How can we count different coloring in 2 cycle with one edge in common There is a question that asked what is the counts of different coloring in $C_5$ and $C_6$ when it has one edge in common:

I have used fundamental reduction in cycles in order to get a recursive formula (I know there is a closed formula for that too), but when i try use the same in this particular question, it becomes very complicated. How can I find a formula for this kind of graph? Im looking for Chromatic Polynomial. 
 A: Wikipedia gives the chromatic polynomial of the cycle graph $C_n$ as $(x-1)^n+(-1)^n(x-1)$.  In your graph we can choose the first point that is common to the cycles in $x$ ways and the other point in common in $x-1$ ways.  That choice is common to the two cycles, then we can complete each in any way we want, so the chromatic polynomial is 
$$\frac {\left((x-1)^6+(-1)^6(x-1)\right)\left((x-1)^5+(-1)^5(x-1)\right)}{x(x-1)}=\\x^9 - 10 x^8 + 45 x^7 - 120 x^6 + 209 x^5 - 245 x^4 + 190 x^3 - 90 x^2 + 20 x=\\(x - 2) (x - 1) x (x^2 - 2 x + 2) (x^4 - 5 x^3 + 10 x^2 - 10 x + 5)$$
where I got Alpha to do the simplification.  The presence of $(x-1)(x-2)$ and no $(x-3)$ says the chromatic number is $3$.
A: Let's first find a formula for a "mouse graph" ($C_n$ with a path $P_m$ attached)

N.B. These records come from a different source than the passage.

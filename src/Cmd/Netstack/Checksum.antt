-- ===== src/Cmd/Netstack/Checksum.antt =====
-- The checksum of IP: a packet with its checksum in place sums to nothing.
use native.Mathlib.Decide.{dec_le}
use camellia.Base.{
  ℕ, zero, suc, ◌+◌, ◌*◌, ◌/◌, ◌%◌, ◌^◌, ◌<◌, ◌≤◌, ◌≡◌, ◌∙◌, refl, ap, List, [], ◌∷◌, ◌++◌, length,
  arith, All, length-append,
}
use camellia.Cmd.Netstack.Util.{
  nput16, sum_words, fold_carries, complement, ip_checksum, ip_checksumphdr,
}

-- the same sum without the limit of 32 bits
abbrev pub total : List ℕ → ℕ
total [] = 0
total (b ∷ []) = b * 256
total (a ∷ b ∷ buf) = a * 256 + b + total buf

-- The carries are folded in after three rounds at most, and the number stays the same modulo 65535.
record Folded (c d : ℕ) : Type 0 where
  small : d ≤ 65535
  same : d % 65535 ≡ c % 65535
  bound : d ≤ c
  nonzero : 0 < c → 0 < d

carry-Folded : (c : ℕ) → (c % 65536 + c / 65536) % 65535 ≡ c % 65535
carry-Folded c = omega arith

fold_carries-small : (fuel c : ℕ) → c ≤ 65535 → fold_carries fuel c ≡ c
unfolding fold_carries
fold_carries-small zero c h = refl
fold_carries-small (suc fuel) c h = ground arith

fold_carries-zero : (c : ℕ) → fold_carries 0 c ≡ c
unfolding fold_carries
fold_carries-zero c = refl

fold_carries-suc :
    (fuel c : ℕ) → 65535 < c → fold_carries (suc fuel) c ≡ fold_carries fuel (c % 65536 + c / 65536)
unfolding fold_carries
fold_carries-suc fuel c h = ground arith

fold_carries-Folded : (fuel c : ℕ) → fold_carries fuel c ≤ 65535 → Folded c (fold_carries fuel c)
fold_carries-Folded zero c h =
    let e = fold_carries-zero c in
    rw e (record { small = omega (arith, e); same = refl; bound = omega arith; nonzero = λ x. x })
fold_carries-Folded (suc fuel) c h = elim (dec_le c 65535) [
  | yes p ↦
      rw (fold_carries-small (suc fuel) c p)
        (record { small = p; same = refl; bound = omega arith; nonzero = λ x. x })
  | no p ↦
      let e = fold_carries-suc fuel c (omega arith) in
      let r = fold_carries-Folded fuel (c % 65536 + c / 65536) (omega (arith, e)) in
      rw e (record {
        small = r.small;
        same = r.same ∙ carry-Folded c;
        bound = omega (arith, r.bound);
        nonzero = λ x. r.nonzero (omega arith);
      })
]

fold_carries_ends : (c : ℕ) → c < 2 ^ 32 → fold_carries 3 c ≤ 65535
unfolding fold_carries
fold_carries_ends c h = ground arith

-- the sum of bytes, when it has 32 bits
abbrev pub IsByte : ℕ → Type 0
IsByte b = b < 256

total-bound : (buf : List ℕ) → All IsByte buf → total buf ≤ 65536 * length buf
total-bound [] h = omega arith
total-bound (b ∷ []) h = omega (arith, h)
total-bound (a ∷ b ∷ buf) h = omega (arith, h, total-bound buf h.1.1)

sum_words-total : (c : ℕ) (buf : List ℕ) → c + total buf < 2 ^ 32 → sum_words c buf ≡ c + total buf
unfolding sum_words
sum_words-total c [] h = omega arith
sum_words-total c (b ∷ []) h = omega arith
sum_words-total c (a ∷ b ∷ buf) h =
    let e : (c + (a * 256 + b)) % 2 ^ 32 ≡ c + (a * 256 + b) = omega (arith, h) in
    rw e (sum_words-total (c + (a * 256 + b)) buf (omega (arith, h)) ∙ omega arith)

total-append : (pre buf : List ℕ) → length pre % 2 ≡ 0 → total (pre ++ buf) ≡ total pre + total buf
total-append [] buf h = omega arith
total-append (b ∷ []) buf h = absurd (omega arith)
total-append (a ∷ b ∷ pre) buf h = omega (arith, total-append pre buf (omega arith))

-- a packet with `q` in a field between `pre` and `post`
abbrev pub with_field : (pre : List ℕ) (q : ℕ) (post : List ℕ) → List ℕ
with_field pre q post = pre ++ (nput16 q ++ post)

-- the number that a field of two zero bytes gives way to
total-field :
    (pre post : List ℕ) (q : ℕ)
    → length pre % 2 ≡ 0
    → q < 65536
    → total (with_field pre q post) ≡ total (pre ++ (0 ∷ 0 ∷ post)) + q
unfolding nput16
total-field pre post q h k =
    let e : total (with_field pre q post)
        ≡ total pre + (q / 256 % 256 * 256 + q % 256 + total post) =
      total-append pre (nput16 q ++ post) h in
    omega (arith, e, total-append pre (0 ∷ 0 ∷ post) h)

-- A sum that is 0 modulo 65535, and not 0, folds to all ones.
complement-Folded : (c d : ℕ) → Folded c d → 0 < c → c % 65535 ≡ 0 → complement d ≡ 0
complement-Folded c d f h k = omega (arith, f.small, f.same, f.nonzero h)

sum-Folded :
    (buf : List ℕ) → total buf < 2 ^ 32 → Folded (total buf) (fold_carries 3 (sum_words 0 buf))
sum-Folded buf h =
    let e : sum_words 0 buf ≡ total buf = sum_words-total 0 buf (omega (arith, h)) ∙ omega arith in
    rw e (fold_carries-Folded 3 (total buf) (fold_carries_ends (total buf) h))

-- what the pseudo-header adds
abbrev pseudo : (ip1 ip2 proto len : ℕ) → ℕ
pseudo ip1 ip2 proto len = ip1 % 65536 + ip1 / 65536 + (ip2 % 65536 + ip2 / 65536) + (proto + len)

ip_checksumphdr_lem :
    (buf : List ℕ) (ip1 ip2 proto : ℕ)
    → total buf < 2 ^ 32
    → ip1 < 2 ^ 32
    → ip2 < 2 ^ 32
    → proto < 256
    → length buf < 65536
    → ip_checksumphdr buf ip1 ip2 proto
      ≡ complement
          (fold_carries 3 (fold_carries 3 (sum_words 0 buf) + pseudo ip1 ip2 proto (length buf)))
unfolding ip_checksumphdr ip_checksum
ip_checksumphdr_lem buf ip1 ip2 proto t h k l n =
    let d = fold_carries 3 (sum_words 0 buf) in
    let f = sum-Folded buf t in
    ap (λ c. complement (fold_carries 3 c)) (omega (arith, f.small, h, k, l, n))

-- the total of the packet with `q` in its field has 32 bits
module _ (pre post : List ℕ) (b : All IsByte pre) (b' : All IsByte post) (even : length pre % 2 ≡ 0)
    (short : length pre + length post < 32768) where
  field_zero : total (pre ++ (0 ∷ 0 ∷ post)) < 2 ^ 31
  field_zero =
      omega (arith, total-append pre (0 ∷ 0 ∷ post) even, total-bound pre b, total-bound post b')

  -- A packet gets the checksum of IP where it has two zero bytes, at an even offset. Then its
  -- `ip_checksum` is 0. All its bytes are below 256, and it has less than 32770 of them.
  pub ip_checksum-verifies :
      ip_checksum (with_field pre (ip_checksum (pre ++ (0 ∷ 0 ∷ post))) post) ≡ 0
  unfolding ip_checksum
  ip_checksum-verifies =
      let t = total (pre ++ (0 ∷ 0 ∷ post)) in
      let d = fold_carries 3 (sum_words 0 (pre ++ (0 ∷ 0 ∷ post))) in
      let f = sum-Folded (pre ++ (0 ∷ 0 ∷ post)) (omega (arith, field_zero)) in
      let e = total-field pre post (complement d) even (omega arith) in
      let g = sum-Folded (with_field pre (complement d) post) (omega (arith, field_zero, e)) in
      complement-Folded _ _ g (omega (arith, e, f.small, f.bound))
        (omega (arith, e, f.small, f.same))

  -- The same with the pseudo-header of TCP, where the two addresses have 32 bits.
  pub ip_checksumphdr-verifies :
      (ip1 ip2 proto : ℕ)
      → ip1 < 2 ^ 32
      → ip2 < 2 ^ 32
      → proto < 256
      → ip_checksumphdr
          (with_field pre (ip_checksumphdr (pre ++ (0 ∷ 0 ∷ post)) ip1 ip2 proto) post)
          ip1
          ip2
          proto
        ≡ 0
  unfolding nput16
  ip_checksumphdr-verifies ip1 ip2 proto h k l =
      let buf = pre ++ (0 ∷ 0 ∷ post) in
      let p = pseudo ip1 ip2 proto (length buf) in
      let d = fold_carries 3 (sum_words 0 buf) in
      let f = sum-Folded buf (omega (arith, field_zero)) in
      let n : length buf < 65536 = omega (arith, length-append pre (0 ∷ 0 ∷ post)) in
      let c = fold_carries 3 (d + p) in
      let fc = fold_carries-Folded 3 (d + p) (fold_carries_ends (d + p) (omega (arith, f.small))) in
      let buf' = with_field pre (complement c) post in
      let e = total-field pre post (complement c) even (omega arith) in
      let f' = sum-Folded buf' (omega (arith, field_zero, e)) in
      let d' = fold_carries 3 (sum_words 0 buf') in
      let same : length buf' ≡ length buf = omega (
        arith,
        length-append pre (nput16 (complement c) ++ post),
        length-append pre (0 ∷ 0 ∷ post),
      ) in
      let fc' =
        fold_carries-Folded 3 (d' + p) (fold_carries_ends (d' + p) (omega (arith, f'.small))) in
      let some_bit : 0 < d' + p = elim (dec_le (total buf') 0) [
        | yes none_left ↦ omega (arith, none_left, e, fc.bound, fc.small, f.bound)
        | no left ↦ omega (arith, f'.nonzero (omega (arith, left)))
      ] in
      rw (ip_checksumphdr_lem buf ip1 ip2 proto (omega (arith, field_zero)) h k l n) (
        ip_checksumphdr_lem buf' ip1 ip2 proto (omega (arith, field_zero, e)) h k l
          (omega (arith, same, n))
        ∙ ap (λ m. complement (fold_carries 3 (d' + pseudo ip1 ip2 proto m))) same
        ∙ complement-Folded _ _ fc' some_bit (omega (arith, e, f'.same, f.same, fc.same, fc.small)))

This is easy with induction and the fundamental d-c. We know that for $n$-cycle the chromatic polynomial is $C_n(x) = (x-1)^n+(-1)^n(x-1)$ and we get that for the mouse it is
$$M_{n,m}(x) = (x-1)^m C_n(x)$$
Now for the graph in question. Let's denote the chromatic polynomial by $P_{n,m}$, where $n$ is the number of nodes in the first cycle and $m$ is the extra nodes in the second. So what we want is $P_{6, 3}$.
When we use deletion-contraction on the first edge that comes out on the second cycle, we get the recursion (and the basecase $P_{n,0} (x) = C_n(x)$)
$$P_{n,m}(x) = M_{n,m}(x) - P_{n,m-1}(x)\\
= M_{n,m}(x) - M_{n,m-1}(x) + P_{n,m-2}(x)\\
= \dots =\\
= \sum_{j=0}^m (-1)^j M_{n,m-j}(x) = C_{n}(x)\sum_{j=0}^m (-1)^j (x-1)^{m-j}\\
=  C_{n}(x)(-1)^m\sum_{j=0}^m  (1-x)^{j} \\
= C_n(x)(-1)^m\frac{1-(1-x)^{m+1}}{x}\\
= C_n(x)\frac{(x-1)^{m+1} + (-1)^m}{x}$$
You can check the answer with the following SAGE-code:
R.<x> = QQ['x']

def c(n):
    return x if n==1 else (x-1)**n + (-1)**n*(x-1)

def makeGraph(n, m):
    N = n+m
    g = Graph(N)
    for i in range(N): g.add_edge(i, (i+1)%N)
    if n>1 and m>1: g.add_edge(0, n-1)
    return g

def getFormula(n, m):
    #TODO doesn't work for n==1 or m==1
    p = c(n)*(-1)**m*(1-(1-x)**(m+1))/x
    return p


for n in range(1, 10):
    for m in range(1, 10):
        p = makeGraph(n,m).chromatic_polynomial()
        pFormula = getFormula(n,m)
        if p != pFormula:
            print("Wrong formula with %d, %d" %(n,m))
            print (p)
            print (pFormula)

EDIT The formula doesn't work for the cases where $n=1$ or $m=1$.